EXERCISE DESCRIPTION
Copy the lines below that contain "ground".
[SUPPLIED MATERIAL Boundary: Start]
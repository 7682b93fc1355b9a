-- ===== src/Ingress/Handler/Replies.antt =====
-- What a client gets to see.
use momu_llmgateway.Base.{
  String, Option, none, some, List, [], ◌∷◌, ◌++◌, map, ltb, ◌≡◌, refl, arith, if◌then◌else◌, eqb,
}
use momu_llmgateway.Base.Int.{ℤ}
use momu_llmgateway.Fallback.{Engine, Context, SendFunc, execute, is_permanent_code}
use momu_llmgateway.Ingress.Handler.{
  Reply, json_reply, error_reply, event_stream, panicked, plain_error, chunk_event, done_event,
  error_to_http_status, reply_of, stream_events, handle_non_streaming,
}
use momu_llmgateway.Ingress.Service.{Services, handle_chat_completion}
use momu_llmgateway.Ingress.Service.Degrading.{IsModelError, handle_chat_completion-IsModelError}
use momu_llmgateway.Ingress.Service.Streaming.{error_count}
use momu_llmgateway.Model.{
  Error, model_error, other_error, Result, ok, err, StandardRequest, StandardResponse, StreamChunk,
}

-- A reply goes out.
abbrev pub IsSent : Reply → Type 0
IsSent (json_reply hit resp) = Unit
IsSent (error_reply status error) = Unit
IsSent (event_stream events) = Unit
IsSent panicked = ⊥
IsSent (plain_error status text) = Unit

reply_of-IsSent :
    (result : Result StandardResponse) → IsModelError result → IsSent (reply_of result)
unfolding reply_of
reply_of-IsSent (ok resp) h = tt
reply_of-IsSent (err (model_error error)) h = tt
reply_of-IsSent (err (other_error text)) h = absurd h

-- Where the engine of internal/fallback is wired in, its context is never done, its waits end, and the router's errors are of the model
-- package, the handler of a plain chat completion does not panic.
pub handle_non_streaming-IsSent :
    {S : Type 0} (svc : Services S) (ctx : Context S) (e : Engine) (req : StandardRequest) (s : S)
    → ((provider model : String) (send : Option (SendFunc S)) (s : S)
        → svc.execute provider model send s ≡ execute ctx e provider model send s)
    → ((s : S) → ctx.error s ≡ none)
    → ((d : ℤ) (s : S) → (ctx.wait d s).1 ≡ none)
    → ((req : StandardRequest) (s : S) → IsModelError (svc.route req s).1)
    → IsSent (handle_non_streaming svc req s).1
unfolding handle_non_streaming
handle_non_streaming-IsSent svc ctx e req s wired live fires routes =
    reply_of-IsSent (handle_chat_completion svc req s).1
      (handle_chat_completion-IsModelError svc ctx e wired live fires routes req s)

-- A model error is answered with a status below 500 exactly if the degradation engine does not retry
-- it.
pub error_to_http_status-eq-is_permanent_code :
    (error : Error)
    → ltb (error_to_http_status (model_error error)) 500 ≡ is_permanent_code error.code
unfolding error_to_http_status
error_to_http_status-eq-is_permanent_code error = ground arith

-- The chunks of a stream through the first that bears an error.
abbrev pub through_error : List StreamChunk → List StreamChunk
through_error [] = []
through_error (chunk ∷ chunks) = elim chunk.error [
  | none ↦ chunk ∷ through_error chunks
  | some error ↦ chunk ∷ []
]

-- The client of a stream is sent the chunks through the first that bears an error, and the mark of the
-- end exactly if none does.
pub stream_events_lem :
    (chunks : List StreamChunk)
    → stream_events chunks
      ≡ map chunk_event (through_error chunks)
        ++ (if eqb (error_count chunks) 0 then done_event ∷ [] else [])
unfolding stream_events
stream_events_lem [] = refl
stream_events_lem (chunk ∷ chunks) = ground (arith, stream_events_lem chunks)
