-- ===== src/Folders/Available.antt =====
-- core/folder_manager.cpp: what the folder managers share, a free name for a node and the folders of a
-- path.
use vxcore.Utils.Paths.{concatenate_paths, split_path_components}
use vxcore.Errors.{is_not_found, err_unknown, err_invalid_param, VxCoreError}
use vxcore.Prelude.{
  length, ◌||◌, refl, ◌==◌, zero, subst, str_eq, drop, ap, take, if◌then◌else◌, arith, Bool-cases,
  ◌+◌, true, suc, some, inr, false, ◌⊎◌, ◌≡◌, ◌∷◌, ◌<◌, ◌++◌, inl, [], ℕ, none, Option, List, Bool,
  String, Bytes,
}
use vxcore.Utils.Decimal.{to_string}

-- find_last_of('.')
unfoldable pub last_dot : Bytes → Option ℕ
last_dot [] = none
last_dot (c ∷ s) = elim (last_dot s) [
  | some i ↦ some (suc i)
  | none ↦ if c == b'.' then some 0 else none
]

-- The base name and the extension; a dot at the start makes no extension.
unfoldable pub split_extension : Bytes → Bytes × Bytes
split_extension name = elim (last_dot name) [
  | none ↦ (name, [])
  | some zero ↦ (name, [])
  | some (suc i) ↦ (take (suc i) name, drop (suc i) name)
]

unfoldable pub candidate : Bytes → ℕ → Bytes
candidate name suffix =
    let (base_name, extension) = split_extension name in
    base_name ++ (b'_' ∷ (to_string suffix ++ extension))

-- `exists` asks for a name in the folder.
module _ (exists : Bytes → Bool) where
  -- The loop over the suffixes, with the number of those left.
  unfoldable pub available_loop : ℕ → Bytes → ℕ → VxCoreError ⊎ Bytes
  available_loop zero name suffix = inl err_unknown
  available_loop (suc left) name suffix =
      let rest = available_loop left name (suffix + 1) in
      if exists (candidate name suffix) then rest else inr (candidate name suffix)

  unfoldable pub get_available_name : Bytes → VxCoreError ⊎ Bytes
  get_available_name [] = inl err_invalid_param
  get_available_name (c ∷ name) =
      let numbered = available_loop 10000 (c ∷ name) 1 in
      if exists (c ∷ name) then numbered else inr (c ∷ name)

  -- The candidates from `first` on are taken, `n` of them.
  abbrev pub AreTaken : Bytes → ℕ → ℕ → Type 0
  AreTaken name first n = (m : ℕ) → m < n → exists (candidate name (first + m)) ≡ true

  AreTaken-suc :
      (name : Bytes) (first n : ℕ)
      → exists (candidate name first) ≡ true
      → AreTaken name (first + 1) n
      → AreTaken name first (suc n)
  AreTaken-suc name first n h rest zero k =
      let e : first ≡ first + 0 = omega arith in subst (λ i. exists (candidate name i) ≡ true) e h
  AreTaken-suc name first n h rest (suc m) k =
      let e : first + 1 + m ≡ first + suc m = omega arith in
      subst (λ i. exists (candidate name i) ≡ true) e (rest m (omega (arith, k)))

  abbrev pub FirstFree : Bytes → ℕ → ℕ → VxCoreError ⊎ Bytes → Type 0
  FirstFree name first left r =
      ((r ≡ inl err_unknown) × AreTaken name first left)
      ⊎ ((n : ℕ) × (n < left)
          × (r ≡ inr (candidate name (first + n)))
          × (exists (candidate name (first + n)) ≡ false)
          × AreTaken name first n)

  available_loop-FirstFree :
      (left : ℕ) (name : Bytes) (first : ℕ)
      → FirstFree name first left (available_loop left name first)
  unfolding available_loop
  available_loop-FirstFree zero name first = inl (refl, λ m k. elim k [ ])
  available_loop-FirstFree (suc left) name first =
      elim (Bool-cases (exists (candidate name first))) [
        | inr free ↦
            let e : first ≡ first + 0 = omega arith in
            inr (
              0,
              omega arith,
              rw free (ap (λ i. inr (candidate name i)) e),
              subst (λ i. exists (candidate name i) ≡ false) e free,
              λ m k. elim k [ ],
            )
        | inl taken ↦ elim (available_loop-FirstFree left name (first + 1)) [
          | inl (r, all) ↦ inl (ground (arith, taken, r), AreTaken-suc name first left taken all)
          | inr (n, k, r, free, all) ↦
              let e : first + 1 + n ≡ first + suc n = omega arith in
              inr (
                suc n,
                omega (arith, k),
                ground (arith, taken, r, ap (candidate name) e),
                subst (λ i. exists (candidate name i) ≡ false) e free,
                AreTaken-suc name first n taken all,
              )
        ]
      ]

  -- GetAvailableName gives the name if it is free. If it is taken, the result is the first free name of
  -- those with a suffix from 1 to 10000, and an error exactly if all of them are taken.
  pub get_available_name_lem :
      (c : ℕ) (name : Bytes)
      → ((exists (c ∷ name) ≡ false) × (get_available_name (c ∷ name) ≡ inr (c ∷ name)))
        ⊎ ((exists (c ∷ name) ≡ true)
            × FirstFree (c ∷ name) 1 10000 (get_available_name (c ∷ name)))
  unfolding get_available_name
  get_available_name_lem c name = elim (Bool-cases (exists (c ∷ name))) [
    | inr free ↦ inl (free, rw free)
    | inl taken ↦
        let same : available_loop 10000 (c ∷ name) 1 ≡ get_available_name (c ∷ name) =
          ground (arith, taken) in
        inr (
          taken,
          subst (FirstFree (c ∷ name) 1 10000) same (available_loop-FirstFree 10000 (c ∷ name) 1),
        )
  ]

-- The abstract folder manager: the id of a folder that is there, and CreateFolder.
pub record FolderInterface (W : Type 0) : Type 0 where
  pub get_folder_id : String → W → (VxCoreError ⊎ String) × W
  pub create_folder : String → String → W → (VxCoreError ⊎ String) × W

module _ {W : Type 0} (manager : FolderInterface W) where
  -- The loop of CreateFolderPath, with the folder and the id reached so far.
  unfoldable pub create_components : String → String → List String → W → (VxCoreError ⊎ String) × W
  create_components current_parent folder_id [] w = (inr folder_id, w)
  create_components current_parent folder_id (folder_name ∷ names) w =
      let path = concatenate_paths current_parent folder_name in
      let (found, w1) = manager.get_folder_id path w in
      let (made, w2) = manager.create_folder current_parent folder_name w1 in
      elim (str_eq folder_name "") [
        | true ↦ (inl err_invalid_param, w)
        | false ↦ elim found [
          | inr id ↦ create_components path id names w1
          | inl err ↦ elim (is_not_found err) [
            | false ↦ (inl err, w1)
            | true ↦ elim made [
              | inl err' ↦ (inl err', w2)
              | inr id ↦ create_components path id names w2
            ]
          ]
        ]
      ]

  unfoldable pub create_folder_path : String → W → (VxCoreError ⊎ String) × W
  create_folder_path folder_path w =
      let names = split_path_components folder_path in
      if str_eq folder_path "" || (length names == 0)
      then (inl err_invalid_param, w)
      else create_components "." "" names w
[SUPPLIED MATERIAL Boundary: End]
RESPONSE TO THE EXERCISE
error_to_http_status-eq-is_permanent_code error = ground arith
stream_events_lem (chunk ∷ chunks) = ground (arith, stream_events_lem chunks)
          | inl (r, all) ↦ inl (ground (arith, taken, r), AreTaken-suc name first left taken all)
                ground (arith, taken, r, ap (candidate name) e),
          ground (arith, taken) in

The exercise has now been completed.